# Kenyan Top Bar Hive, first hive!



## St.PeteBees (Nov 21, 2010)




----------



## St.PeteBees (Nov 21, 2010)

So what do you think? It was a lot of fun to build and turned our pretty nice. I set it on those blocks for picture purposes, I have to clean up the area and find some suitable legs. I may stick with the block unless I build some legs for it. It is made from pine, 3' long, 15" wide, 12" tall. It is based on Phillip Chandlers design, except we put in a Plexiglass window from an old fish tank. (Recycling!)The wire screen on the bottom is fairly large mesh, big enough for the bees to go through ( I used this wire screen to protect watermelon from rodents and as a lattice for snow peas, more recycling!). Will this be a problem? I think I will paint it white for temperature purposes as it can get toasty down here in the summer. 
Any and all comments are appreciated!


----------



## Beethinking (Jun 2, 2008)

St.PeteBees,

Good looking hive!
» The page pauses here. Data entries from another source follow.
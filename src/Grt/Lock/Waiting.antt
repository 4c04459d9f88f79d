-- ===== src/Grt/Lock/Waiting.antt =====
-- How many releases it takes until a waiter of a queued lock holds it, when no request comes in
-- between. `lock_local` lets readers join other readers before a writer that waits, and they can
-- keep it waiting.
use mathlib.Core.List.{append_assoc}
use cluster_stm.Common.{◌++◌, ap, sym, ◌∙◌, length-append, eq-or-ne}
use cluster_stm.Common.{
  ℕ, suc, ◌+◌, ◌<◌, ◌≤◌, ◌≡◌, refl, inl, inr, not, ◌||◌, List, [], ◌∷◌, ◌==◌, arith, length,
  Bool-cases, ==_ne,
}
use cluster_stm.Stm.Types.{LockType, read, write, is_write}
use cluster_stm.Grt.Lock.{Lock, Waiter}
use cluster_stm.Grt.Lock.Handoff.{
  Holding, IsServing, joined, left, released, number_of, holding, unlock-first, unlock-none,
  release_one, Turn-IsServing,
}

-- `k` releases by holders, one after the other, with no new request.
pub data Releases (h : Holding) : ℕ → Holding → Type 0 where
  none_yet : Releases h 0 h
  one_more :
      {k : ℕ} {h' : Holding} (t : LockType)
      → Releases h k h'
      → 0 < number_of t h'
      → Releases h (suc k) (released h' t)

abbrev pub waiting : Holding → ℕ
waiting h = length h.lock.waiters.nodes

abbrev pub holders : Holding → ℕ
holders h = h.readers + h.writers

joined-balance :
    (to : LockType) (h : Holding) (k : Lock)
    → waiting (joined to h k) + holders (joined to h k) ≡ length k.waiters.nodes + holders h + 1
joined-balance read h k = omega arith
joined-balance write h k = omega arith

joined-nodes :
    (to : LockType) (h : Holding) (k : Lock) → (joined to h k).lock.waiters.nodes ≡ k.waiters.nodes
joined-nodes read h k = refl
joined-nodes write h k = refl

left-holders : (t : LockType) (h : Holding) → 0 < number_of t h → holders (left t h) + 1 ≡ holders h
left-holders read h k = omega (arith, k)
left-holders write h k = omega (arith, k)

-- A release leaves one holder fewer, or one waiter fewer.
release_balance :
    (n size r w : ℕ) (type : LockType) (nodes next : List Waiter) (t : LockType)
    → 0 < number_of t (holding n size r w type nodes next)
    → IsServing (holding n size r w type nodes next)
    → waiting (released (holding n size r w type nodes next) t)
        + holders (released (holding n size r w type nodes next) t)
        + 1
      ≡ length nodes + (r + w)
release_balance n size r w type [] next t holds s =
    let h = holding n size r w type [] next in
    rw (unlock-none h.lock s.sized) (omega (arith, left-holders t h holds))
release_balance n size r w type (v ∷ vs) next t holds s =
    let h = holding n size r w type (v ∷ vs) next in
    let run = unlock-first h.lock v vs refl (omega (arith, s.sized)) s.addressed.0 in
    elim (Bool-cases (n == 1 || not (is_write v.type))) [
      | inl last ↦
          rw (run, last, ==_ne v.state 0 s.addressed.0)
            (omega (arith, left-holders t h holds, joined-balance v.type (left t h) _))
      | inr more ↦ rw (run, more) (omega (arith, left-holders t h holds))
    ]

-- Only the first waiter can leave the list.
release_front :
    (n size r w : ℕ) (type : LockType) (nodes next : List Waiter) (t : LockType)
    → IsServing (holding n size r w type nodes next)
    → (served : List Waiter) × (nodes
        ≡ served ++ (released (holding n size r w type nodes next) t).lock.waiters.nodes)
release_front n size r w type [] next t s =
    ([], rw (unlock-none (holding n size r w type [] next).lock s.sized) refl)
release_front n size r w type (v ∷ vs) next t s =
    let h = holding n size r w type (v ∷ vs) next in
    let run = unlock-first h.lock v vs refl (omega (arith, s.sized)) s.addressed.0 in
    elim (Bool-cases (n == 1 || not (is_write v.type))) [
      | inl last ↦ (
        v ∷ [],
        rw (run, last, ==_ne v.state 0 s.addressed.0)
            (ap (λ l. v ∷ l) (sym (joined-nodes v.type (left t h) _))),
      )
      | inr more ↦ ([], rw (run, more) refl)
    ]

Releases-IsServing : {h h' : Holding} {k : ℕ} → IsServing h → Releases h k h' → IsServing h'
Releases-IsServing s none_yet = s
Releases-IsServing s (one_more t before holds) =
    Turn-IsServing (Releases-IsServing s before) (release_one t holds)

Releases-balance :
    {h h' : Holding} {k : ℕ}
    → IsServing h
    → Releases h k h'
    → waiting h' + holders h' + k ≡ waiting h + holders h
Releases-balance s none_yet = omega arith
Releases-balance s (one_more {k} {h'} t before holds) =
    let s' = Releases-IsServing s before in
    omega (
      arith,
      Releases-balance s before,
      release_balance h'.lock.num_holders h'.lock.waiters.size h'.readers h'.writers h'.lock.type
          h'.lock.waiters.nodes h'.lock.waiters.next t holds s',
    )

Releases-front :
    {h h' : Holding} {k : ℕ}
    → IsServing h
    → Releases h k h'
    → (served : List Waiter) × (h.lock.waiters.nodes ≡ served ++ h'.lock.waiters.nodes)
Releases-front s none_yet = ([], refl)
Releases-front s (one_more {k} {h'} t before holds) =
    let (served, e) = Releases-front s before in
    let (next, e') =
      release_front h'.lock.num_holders h'.lock.waiters.size h'.readers h'.writers h'.lock.type
        h'.lock.waiters.nodes h'.lock.waiters.next t (Releases-IsServing s before) in
    (served ++ next, e ∙ ap (λ l. served ++ l) e' ∙ sym (append_assoc served next _))

-- While holders release the lock and nobody makes a new request, granted or queued, the waiters are
-- served in their order, and after as many releases as there were holders the first waiter has been
-- served, and one more with each further release. (The counts of the lock are in order, as they are
-- after any requests and releases.)
pub waiters-served :
    {h h' : Holding} {k : ℕ} (i : ℕ)
    → IsServing h
    → Releases h k h'
    → i < length h.lock.waiters.nodes
    → h.readers + h.writers + i ≤ k
    → (served : List Waiter) × (h.lock.waiters.nodes ≡ served ++ h'.lock.waiters.nodes)
      × (i < length served)
waiters-served {h} {h'} i s releases there enough =
    let (served, e) = Releases-front s releases in
    let s' = Releases-IsServing s releases in
    let sum = ap length e ∙ length-append served h'.lock.waiters.nodes in
    (
      served,
      e,
      elim (eq-or-ne h'.lock.num_holders 0) [
        | inl z ↦ omega (arith, ap length (s'.awaited z), sum, there)
        | inr held ↦ omega (arith, Releases-balance s releases, s'.counted, held, sum, enough)
      ],
    )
A few issues I see, however, that you'll probably want to fix prior to installing bees:

1) The plexiglass (perspex for our European friends) looks like it's on the outside of the hive rather than the inside. This will cause issues in the long run when the bees build their combs -- the combs will be built to fit in the cavity until it hits the plexi. This will make it VERY difficult to remove your combs without tearing them apart! I suggest moving it to the inside. 

2) The screen is very wide, as you said. I would swap it out with 1/8" screen. This will allow beetles, mites and other debris to fall through, but the bees will more easily be able to walk on it without falling through themselves. 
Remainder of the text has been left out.